A type doesn't define a set of values for an algorithm. This is obvious for user data types that have internal invariants that aren't formally specified in any code.

The set of values usable in any container, algorithm (containers internally use algorithms on elements)... is a property of that particular use of that container or algorithm. These library components don't have share their elements: if you have two set<fraction> S1 and S2, their elements won't be used by the other one: S1 will compare elements in S1, S2 will compare elements in S2. The two sets exist in different "universes" and their logical properties are isolated. The invariants hold for each one independently; if you insert in S2 an element x2 that is not less or greater than x1 in S1 (thus considered equivalent), you don't expect x2 to be found at the place of x1 in S1! There is no possible sharing of data structures between containers and elements can't be shared between algorithms (which can't have static variables of a template type as it would have unexpected lifetime).

Sometimes the standard is a riddle where you must find the correct interpretation (most plausible, most useful, most likely to be was intended); in case the committee members are asked to clarify an issue, they will settle on the most X interpretation (X = plausible, useful...) even if it contradicts the exact previous wording so when the text is obscure or gives crazy conclusions, you might as well skip the literal reading and jump to the most useful.

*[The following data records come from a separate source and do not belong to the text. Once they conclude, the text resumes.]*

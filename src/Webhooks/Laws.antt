-- ===== src/Webhooks/Laws.antt =====
-- How long a failed delivery waits.
use agentenv_skills_hub.Webhooks.{retry_delay}
use agentenv_skills_hub.Common.{◌+◌, ◌≡◌, refl, arith, ◌≤◌, ◌*◌, min, ℕ}

long_delay : (attempts : ℕ) → 6 ≤ attempts → retry_delay attempts ≡ 64
unfolding retry_delay
long_delay attempts h = rw (capped attempts h) refl
  where
    capped : (n : ℕ) → 6 ≤ n → min n 6 ≡ 6
    capped n h = omega arith

-- The delay is a second at first, and doubles with every attempt until it is 64 seconds, which it
-- never exceeds; the power does not overflow.
pub retry_delay_lem :
    (attempts : ℕ)
    → (retry_delay 0 ≡ 1)
      × (retry_delay (attempts + 1) ≡ min (2 * retry_delay attempts) 64)
      × (retry_delay attempts ≤ 64)
unfolding retry_delay
retry_delay_lem ℕ.zero = (refl, refl, omega arith)
retry_delay_lem (ℕ.suc ℕ.zero) = (refl, refl, omega arith)
retry_delay_lem (ℕ.suc (ℕ.suc ℕ.zero)) = (refl, refl, omega arith)
retry_delay_lem (ℕ.suc (ℕ.suc (ℕ.suc ℕ.zero))) = (refl, refl, omega arith)
retry_delay_lem (ℕ.suc (ℕ.suc (ℕ.suc (ℕ.suc ℕ.zero)))) = (refl, refl, omega arith)
retry_delay_lem (ℕ.suc (ℕ.suc (ℕ.suc (ℕ.suc (ℕ.suc ℕ.zero))))) = (refl, refl, omega arith)
retry_delay_lem (ℕ.suc (ℕ.suc (ℕ.suc (ℕ.suc (ℕ.suc (ℕ.suc n)))))) =
    let k = (ℕ.suc (ℕ.suc (ℕ.suc (ℕ.suc (ℕ.suc (ℕ.suc n)))))) in
    (
      refl,
      rw (long_delay (k + 1) (omega arith), long_delay k (omega arith)) refl,
      rw (long_delay k (omega arith)) (omega arith),
    )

The only solution here is that every use of a templated library component is independent and that the equations only have to hold during that use.

You don't expect vector<int*> to be invalid because pointers can have invalid values that can't be copied: only a use of such value is illegal.

Thus

vector<int*> v;
v.push_back(new int);
vector<int*> v2 = v; // content must be valid
delete v[0];
v[0] = null; // during v[0] invocation (int*)(v[0]) has no valid value

is valid because the required properties of the element type are valid for the small duration where they are required to be.

In that case we can invoke a member function of a vector knowing that its elements don't respect the Assignable concept because there is no assignment allowed, as the no exception guarantee doesn't permit it: the value stored in v[0] cannot be used by v[0], there is no user defined operation on the element allowed in vector<>::operator[].

The library components can only use the specific operations mentioned in the description of the specific function on the values used in that invocation; even for a builtin type, it cannot make values in any other ways: a specific set<int,comp> instance may not compare values to 0 if 0 isn't inserted or looked up in a particular instance, as 0 may not even be in the domain of comp.

So builtin or class types are treated uniformly here. The library implementation cannot assume anything on the set of values even when instantiated with builtin types.